• _Aim of the exercise_
Through the line that contains "is_waiting row = is_pending", return the data below exactly, starting at its first line; leave the rest out.

***** Provided data *****

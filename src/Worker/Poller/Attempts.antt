-- ===== src/Worker/Poller/Attempts.antt =====
-- The rows that services/worker/src/nebula_worker/poller.py keeps: bounded attempts, no row left
-- behind in `sending`, and nothing done to a delivery that has ended.
use vpn.Prelude.{
  ℕ, ◌+◌, ◌≤◌, ◌<◌, ◌≡◌, ◌∙◌, ap, sym, refl, Bool, true, false, ◌||◌, some, List, contains, inl,
  inr, Bool-cases, arith, leb,
}
use vpn.Worker.Poller.{
  ResultCode, EmailDelivery, Outbox, ClaimedDelivery, Settings, ids, claim_of, is_pending,
  is_sending, reclaim_expired_leases, has_expired, reclaimed, is_due, leased,
}
use vpn.Worker.Poller.Delivery.{
  Payload, staged, unavailable, undecodable, World, SendResult, accepted, send_error, raised,
  finalized, mark_sent, is_known, is_unretryable, poll_once,
}
use vpn.Worker.Poller.Rows.{find, find-update, ids-update, updated, IsDistinct}
use vpn.Worker.Poller.Ends.{after_payload, after_delivery, after_send, map_row}
use vpn.Worker.Poller.Claims.{passes, selected_due}
use vpn.Worker.Poller.Polls.{free_row, claimed_row, claims, poll_once-row}

abbrev pub is_waiting : EmailDelivery → Bool
is_waiting row = is_pending row.state || is_sending row.state

-- No more attempts than allowed, and one left while the delivery waits.
abbrev pub IsWithin : ℕ → EmailDelivery → Type 0
IsWithin most row = (row.attempt_count ≤ most) × (is_waiting row ≡ true → row.attempt_count < most)

expired_waiting :
    (now : ℕ) (row : EmailDelivery) → has_expired now row ≡ true → is_waiting row ≡ true
expired_waiting now row h = ground arith

module _ (w : World) (s : Settings) (now : ℕ) where
  free_row-IsWithin :
      (row : EmailDelivery)
      → IsWithin s.max_attempts row
      → IsWithin s.max_attempts (free_row w s now row)
  free_row-IsWithin row h = elim (Bool-cases (has_expired now row)) [
    | inl out ↦
        let left = h.1 (expired_waiting now row out) in
        elim (Bool-cases (leb s.max_attempts (row.attempt_count + 1))) [
          | inl last ↦ rw (out, last) (omega arith, λ c. ground arith)
          | inr more ↦ rw (out, more) (omega arith, λ c. ground arith)
        ]
    | inr held ↦ rw held h
  ]

  finalized-IsWithin :
      (d : ClaimedDelivery) (code : ResultCode) (row : EmailDelivery)
      → d.attempt_count ≡ row.attempt_count
      → row.attempt_count < s.max_attempts
      → IsWithin s.max_attempts (finalized s now d code row)
  finalized-IsWithin d code row e h =
      elim (Bool-cases (leb s.max_attempts (d.attempt_count + 1) || is_unretryable code)) [
        | inl last ↦ rw last (omega arith, λ c. ground arith)
        | inr more ↦ rw more (omega arith, λ c. ground arith)
      ]

  after_send-ends :
      (P : EmailDelivery → Type 0) (d : ClaimedDelivery) (r : SendResult) (row : EmailDelivery)
      → P row
      → ((code : ResultCode) → P (finalized s now d code row))
      → ((m : ℕ) → P (mark_sent now m row))
      → P (after_send s now d r row)
  after_send-ends P d (accepted m) row left closed sent = sent m
  after_send-ends P d send_error row left closed sent = closed ResultCode.send_failed
  after_send-ends P d raised row left closed sent = left

  after_payload-ends :
      (P : EmailDelivery → Type 0) (p : Payload) (d : ClaimedDelivery) (row : EmailDelivery)
      → P row
      → ((code : ResultCode) → P (finalized s now d code row))
      → ((m : ℕ) → P (mark_sent now m row))
      → P (after_payload w s now p d row)
  after_payload-ends P staged d row left closed sent =
      elim (Bool-cases (is_known d.template_code)) [
        | inl known ↦ rw known (after_send-ends P d (w.send d.id) row left closed sent)
        | inr unknown ↦ rw unknown (closed ResultCode.unknown_template)
      ]
  after_payload-ends P unavailable d row left closed sent = closed ResultCode.payload_unavailable
  after_payload-ends P undecodable d row left closed sent = left

  -- What holds of the row however a delivery ends.
  after_delivery-ends :
      (P : EmailDelivery → Type 0) (d : ClaimedDelivery) (row : EmailDelivery)
      → P row
      → ((code : ResultCode) → P (finalized s now d code row))
      → ((m : ℕ) → P (mark_sent now m row))
      → P (after_delivery w s now d row)
  after_delivery-ends P d row left closed sent = elim (Bool-cases (w.commits d.id)) [
    | inl done ↦ rw done (after_payload-ends P (w.payload d.id) d row left closed sent)
    | inr undone ↦ rw undone left
  ]

  due_waiting : (row : EmailDelivery) → is_due now row ≡ true → is_waiting row ≡ true
  due_waiting row h = ground arith

  claimed_row-IsWithin :
      (chosen : Bool) (row : EmailDelivery)
      → (chosen ≡ true → is_due now row ≡ true)
      → IsWithin s.max_attempts row
      → IsWithin s.max_attempts (claimed_row w s now chosen row)
  claimed_row-IsWithin true row due h =
      let held = leased (now + s.lease_seconds) row in
      let left = h.1 (due_waiting row (due refl)) in
      after_delivery-ends (IsWithin s.max_attempts) (claim_of row) held (omega arith, λ c. left)
        (λ code. finalized-IsWithin (claim_of row) code held refl left)
        (λ m. (omega arith, λ c. ground arith))
  claimed_row-IsWithin false row due h = h

  -- The rows that a poll claims from, seen from one row before it.
  free_rows : Outbox → List EmailDelivery
  free_rows box = (reclaim_expired_leases s.max_attempts now box).0.rows

  free_rows-IsDistinct :
      (box : Outbox) → IsDistinct (ids box.rows) → IsDistinct (ids (free_rows box))
  unfolding free_rows reclaim_expired_leases
  free_rows-IsDistinct box h =
      rw (ids-update (has_expired now) (reclaimed s.max_attempts now) box.rows (λ row. refl)) h

  find-free_rows :
      (k : ℕ) (box : Outbox) {row : EmailDelivery}
      → find k box.rows ≡ some row
      → find k (free_rows box) ≡ some (free_row w s now row)
  unfolding free_rows reclaim_expired_leases
  find-free_rows k box e =
      find-update (has_expired now) (reclaimed s.max_attempts now) k box.rows (λ row. refl)
      ∙ ap (updated (has_expired now) (reclaimed s.max_attempts now)) e

  claims_due :
      (k : ℕ) (box : Outbox) (row : EmailDelivery)
      → IsDistinct (ids box.rows)
      → find k box.rows ≡ some row
      → contains k (claims w s now box) ≡ true
      → is_due now (free_row w s now row) ≡ true
  unfolding free_rows
  claims_due k box row h e c =
      sym (ap (passes (is_due now)) (find-free_rows k box e))
      ∙ selected_due k s.batch_size now (free_rows box) (free_rows-IsDistinct box h) c

  -- The row with an id after a poll, from the row before it.
  pub poll_once-found :
      (k : ℕ) (box : Outbox) {row : EmailDelivery}
      → IsDistinct (ids box.rows)
      → find k box.rows ≡ some row
      → find k (poll_once w s now box).0.rows
        ≡ some (claimed_row w s now (contains k (claims w s now box)) (free_row w s now row))
  poll_once-found k box h e =
      poll_once-row w s now k box h
      ∙ ap
          (map_row
            (λ row. claimed_row w s now (contains k (claims w s now box)) (free_row w s now row)))
          e

  -- A poll leaves every delivery within its attempts, one left while it waits, if the delivery was
  -- so before and no two share an id, whatever the mail provider, Redis and the database answer.
  pub poll_once-IsWithin :
      (k : ℕ) (box : Outbox) (row : EmailDelivery)
      → IsDistinct (ids box.rows)
      → find k box.rows ≡ some row
      → IsWithin s.max_attempts row
      → (row' : EmailDelivery) × (find k (poll_once w s now box).0.rows ≡ some row')
        × IsWithin s.max_attempts row'
  poll_once-IsWithin k box row h e v = (
    claimed_row w s now (contains k (claims w s now box)) (free_row w s now row),
    poll_once-found k box h e,
    claimed_row-IsWithin (contains k (claims w s now box)) (free_row w s now row)
        (claims_due k box row h e) (free_row-IsWithin row v),
  )

  -- A delivery that was sent, has failed or was cancelled is left as it is by every poll of rows with different ids.
  pub poll_once-ended :
      (k : ℕ) (box : Outbox) (row : EmailDelivery)
      → IsDistinct (ids box.rows)
      → find k box.rows ≡ some row
      → is_waiting row ≡ false
      → find k (poll_once w s now box).0.rows ≡ some row
  poll_once-ended k box row h e ended =
      let held : has_expired now row ≡ false = ground arith in
      let free : free_row w s now row ≡ row = rw held refl in
      elim (Bool-cases (contains k (claims w s now box))) [
        | inl hit ↦
            let waiting =
              due_waiting row (sym (ap (is_due now) free) ∙ claims_due k box row h e hit) in
            ground arith
        | inr miss ↦ poll_once-found k box h e ∙ rw (miss, held) refl
      ]

  free_row-held : (row : EmailDelivery) → has_expired now (free_row w s now row) ≡ false
  free_row-held row = elim (Bool-cases (has_expired now row)) [
    | inl out ↦ elim (Bool-cases (leb s.max_attempts (row.attempt_count + 1))) [
      | inl last ↦ rw (out, last) refl
      | inr more ↦ rw (out, more) refl
    ]
    | inr held ↦ rw (held, held) refl
  ]

  finalized-held :
      (d : ClaimedDelivery) (code : ResultCode) (row : EmailDelivery)
      → has_expired now (finalized s now d code row) ≡ false
  finalized-held d code row =
      elim (Bool-cases (leb s.max_attempts (d.attempt_count + 1) || is_unretryable code)) [
        | inl last ↦ rw last refl
        | inr more ↦ rw more refl
      ]

  claimed_row-held :
      (chosen : Bool) (row : EmailDelivery)
      → has_expired now row ≡ false
      → has_expired now (claimed_row w s now chosen row) ≡ false
  claimed_row-held true row h =
      after_delivery-ends (λ r. has_expired now r ≡ false) (claim_of row)
        (leased (now + s.lease_seconds) row) (ground arith)
        (λ code. finalized-held (claim_of row) code (leased (now + s.lease_seconds) row))
        (λ m. refl)
  claimed_row-held false row h = h

  -- After a poll of rows with different ids no delivery in `sending` has an expired lease.
  pub poll_once-held :
      (k : ℕ) (box : Outbox) (row : EmailDelivery)
      → IsDistinct (ids box.rows)
      → find k box.rows ≡ some row
      → (row' : EmailDelivery) × (find k (poll_once w s now box).0.rows ≡ some row')
        × (has_expired now row' ≡ false)
  poll_once-held k box row h e = (
    claimed_row w s now (contains k (claims w s now box)) (free_row w s now row),
    poll_once-found k box h e,
    claimed_row-held (contains k (claims w s now box)) (free_row w s now row) (free_row-held row),
  )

*****

• _Task solution_
filename src/Worker/Poller/Attempts.antt
-- ===== src/Worker/Poller/Attempts.antt =====
-- The rows that services/worker/src/nebula_worker/poller.py keeps: bounded attempts, no row left
-- behind in `sending`, and nothing done to a delivery that has ended.
use vpn.Prelude.{
  ℕ, ◌+◌, ◌≤◌, ◌<◌, ◌≡◌, ◌∙◌, ap, sym, refl, Bool, true, false, ◌||◌, some, List, contains, inl,
  inr, Bool-cases, arith, leb,
}
use vpn.Worker.Poller.{
  ResultCode, EmailDelivery, Outbox, ClaimedDelivery, Settings, ids, claim_of, is_pending,
  is_sending, reclaim_expired_leases, has_expired, reclaimed, is_due, leased,
}
use vpn.Worker.Poller.Delivery.{
  Payload, staged, unavailable, undecodable, World, SendResult, accepted, send_error, raised,
  finalized, mark_sent, is_known, is_unretryable, poll_once,
}
use vpn.Worker.Poller.Rows.{find, find-update, ids-update, updated, IsDistinct}
use vpn.Worker.Poller.Ends.{after_payload, after_delivery, after_send, map_row}
use vpn.Worker.Poller.Claims.{passes, selected_due}
use vpn.Worker.Poller.Polls.{free_row, claimed_row, claims, poll_once-row}

abbrev pub is_waiting : EmailDelivery → Bool
is_waiting row = is_pending row.state || is_sending row.state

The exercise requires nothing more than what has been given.